Иногда мне кажется, что комфорт – это форма трусости. И хотя это моё допущение совершенно не означает, что сам я только и делаю, что бегу от удобств, в той осторожности, которой сопровождается покой, присутствует некий отказ от жизни. Чтобы по-настоящему ощущаться, счастье требует катастроф. Из страданий возникает понимание ценности удовольствия. Вот и я, стоит мне погрязнуть в радости, впадаю в тревогу: жив ли я, и не очутился ли в одиночестве с хохотом?

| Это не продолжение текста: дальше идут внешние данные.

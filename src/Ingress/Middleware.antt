-- ===== src/Ingress/Middleware.antt =====
-- What the middlewares of internal/ingress share: the request as gin hands it on, with the keys that
-- were set on it, and how a middleware ends. A body that cannot be read stays so. encoding/json is
-- `RequestJson`.
pub mod Auth
pub mod Pipeline
pub mod RateLimit
pub mod Validation
use momu_llmgateway.Base.{String, Bool, ℕ, Option, none, some, List, ◌==◌, ◌||◌, ◌≡◌}
use momu_llmgateway.Base.Float.{Float64}
use momu_llmgateway.Base.Int.{ℤ}
use momu_llmgateway.Model.{StandardRequest}

pub record GinContext : Type 0 where
  pub path : String
  pub method : String
  pub authorization : String
  pub body : Option String
  pub request_id : Option String
  pub api_key : Option String
  pub api_key_name : Option String
  pub api_key_rate_limit : Option ℤ

-- `c.Next()`, or `c.AbortWithStatusJSON` with the status and the field `error`.
pub data Verdict : Type 0 where
  pass : GinContext → Verdict
  abort : ℕ → String → Verdict

-- The struct that the validation decodes; of the messages only the number is read.
pub record ChatRequest : Type 0 where
  pub model : String
  pub messages : ℕ
  pub temperature : Option Float64
  pub max_tokens : Option ℤ

-- What the three decoders of a body make of it; none is an error.
pub record RequestJson : Type 0 where
  pub model_field : String → Option String
  pub chat_request : String → Option ChatRequest
  pub standard_request : String → Option StandardRequest

-- The paths that authentication and the rate limit let through.
abbrev pub is_open_path : String → Bool
is_open_path path = path == "/health" || path == "/metrics"

-- `RequestIDMiddleware`, with what `NewRequestID` returns.
unfoldable pub request_id_middleware : String → GinContext → Verdict
request_id_middleware id c = pass (record c { request_id = Option.some id })

pub pass-injective : {c d : GinContext} → pass c ≡ pass d → c ≡ d
pass-injective e = cc

pub abort-ne-pass : {status : ℕ} {text : String} {c : GinContext} → abort status text ≡ pass c → ⊥
abort-ne-pass e = cc
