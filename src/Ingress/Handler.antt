-- ===== src/Ingress/Handler.antt =====
-- internal/ingress/handler.go: what the chat handlers reply, once a request is parsed. A failed type
-- assertion is the reply `panicked`. Writing to the connection and the JSON of a chunk are taken to
-- succeed, as the code drops their errors.
pub mod Events
pub mod Replies
pub mod Routes
pub mod Streams
use momu_llmgateway.Base.{
  ℕ, String, Bool, true, false, ◌||◌, Option, none, some, List, [], ◌∷◌, ◌==◌, if◌then◌else◌,
}
use momu_llmgateway.Ingress.Service.{
  Services, handle_chat_completion, handle_chat_completion_stream,
}
use momu_llmgateway.Ingress.Middleware.{GinContext, RequestJson}
use momu_llmgateway.Model.{
  Error, GoError, model_error, other_error, new_error, Result, ok, err, StandardRequest,
  StandardResponse, StreamChunk, err_code_invalid_request, err_code_authentication,
  err_code_rate_limit, err_code_model_not_found, err_code_provider_error, err_code_circuit_open,
  err_code_timeout, err_code_fallback_exhausted, err_code_internal,
}

-- The switch of `errorToHTTPStatus`.
unfoldable pub status_of_code : String → ℕ
status_of_code code =
    if code == err_code_invalid_request || code == err_code_model_not_found
    then 400
    else if code == err_code_authentication
    then 401
    else if code == err_code_rate_limit
    then 429
    else if code == err_code_circuit_open
    then 503
    else if code == err_code_provider_error || code == err_code_timeout
    then 502
    else if code == err_code_fallback_exhausted
    then 503
    else 500

-- `errorToHTTPStatus`.
unfoldable pub error_to_http_status : GoError → ℕ
unfolding status_of_code
error_to_http_status (model_error e) = status_of_code e.code
error_to_http_status (other_error text) = 500

-- What is written for a stream.
pub data Event : Type 0 where
  chunk_event : StreamChunk → Event
  done_event : Event

-- `json_reply` says whether the header `X-Cache` is set; the error of `plain_error` is a text.
pub data Reply : Type 0 where
  json_reply : Bool → StandardResponse → Reply
  error_reply : ℕ → Error → Reply
  event_stream : List Event → Reply
  panicked : Reply
  plain_error : ℕ → String → Reply

abbrev pub reply_error : GoError → Reply
reply_error (model_error e) = error_reply (error_to_http_status (model_error e)) e
reply_error (other_error text) = panicked

-- `handleNonStreaming` after the call of the service.
unfoldable pub reply_of : Result StandardResponse → Reply
unfolding error_to_http_status
reply_of (err error) = reply_error error
reply_of (ok resp) = json_reply resp.cache_hit resp

-- The loop of `handleStream`, and what follows it.
unfoldable pub stream_events : List StreamChunk → List Event
stream_events [] = done_event ∷ []
stream_events (chunk ∷ chunks) = elim chunk.error [
  | none ↦ chunk_event chunk ∷ stream_events chunks
  | some error ↦ chunk_event chunk ∷ []
]

-- `handleStream` after the call of the service; whether the writer can flush.
unfoldable pub stream_reply_of : Bool → Result (List StreamChunk) → Reply
unfolding stream_events error_to_http_status
stream_reply_of flushes (err error) = reply_error error
stream_reply_of flushes (ok chunks) =
    if flushes
    then event_stream (stream_events chunks)
    else error_reply 500 (new_error err_code_internal "streaming not supported")

module _ {S : Type 0} (svc : Services S) where
  -- `handleNonStreaming`.
  unfoldable pub handle_non_streaming : StandardRequest → S → S × Reply
  handle_non_streaming req s =
      let (s', result) = handle_chat_completion svc req s in (s', reply_of result)

  -- `handleStream`.
  unfoldable pub handle_stream : Bool → StandardRequest → S → S × Reply
  handle_stream flushes req s =
      let (s', result) = handle_chat_completion_stream svc req s in
      (s', stream_reply_of flushes result)

  -- `chatCompletionHandler` once the body is parsed.
  abbrev pub dispatch : Bool → StandardRequest → S → S × Reply
  dispatch flushes req s =
      if req.stream then handle_stream flushes req s else handle_non_streaming req s

-- What the handler puts into a parsed request.
abbrev pub with_request_id : Option String → StandardRequest → StandardRequest
with_request_id none req = req
with_request_id (some id) req = record req { request_id = id }

module _ {S : Type 0} (json : RequestJson) where
  abbrev pub handle_parsed :
      Option (Services S) → Bool → GinContext → Option StandardRequest → S → S × Reply
  handle_parsed svc flushes c none s =
      (s, error_reply 400 (new_error err_code_invalid_request "invalid request body"))
  handle_parsed none flushes c (some req) s = (s, plain_error 501 "chat service not wired")
  handle_parsed (some svc) flushes c (some req) s =
      dispatch svc flushes (with_request_id c.request_id req) s

  abbrev pub handle_read : Option (Services S) → Bool → GinContext → Option String → S → S × Reply
  handle_read svc flushes c none s =
      (s, error_reply 400 (new_error err_code_invalid_request "failed to read body"))
  handle_read svc flushes c (some body) s =
      handle_parsed svc flushes c (json.standard_request body) s

  -- `chatCompletionHandler`; a service that is nil is none.
  unfoldable pub chat_completion_handler : Option (Services S) → Bool → GinContext → S → S × Reply
  unfolding handle_stream handle_non_streaming
  chat_completion_handler svc flushes c s = handle_read svc flushes c c.body s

Отсюда, пожалуй, – кокетство со смертью; склонность окружать себя людьми, которые не способны на взаимность. Жажда близости с ними упирается в невозможность, и рождает поэзию тлеющего кипариса. Так я таю в парах водопада, а они смотрят на меня льдинами моргающих глаз (как гильотин).
Страдания, впрочем, нуждаются в мере. Иначе лучшими поэтами были бы жертвы групповых изнасилований. Не стоит путать повседневность в аду, и возможность дозировать боль. Последнее – скорее роскошь, недоступная большинству из нас точно так же, как недоступны мне мои музы. Ужас терпим, когда не навсегда.
Жить на цепи, и время от времени хлестать друг друга по кожаной маске – это разные вещи. Мой идеал BDSM – кот в сапогах. Ещё люблю пожарников с усами.
И всё равно так сложно разобрать – где мазохизм, где просто оптимизм? Действительно ли боль сладка, или сладка надежда на исход из боли; романтика мучения как заводной прелюдии к наслаждению?
Нас учат спешить на помощь всякому, кто страдает, хотя подчас такая помощь – акт садизма (как и всякое мессианство) – идёт из гордыни. Не всё, что страдает является жертвой. За болью может прятаться эротоман. Вынимая из его ран гвоздики, мы лишаем его удовольствия, и, значит, – превращаемся в сволочь.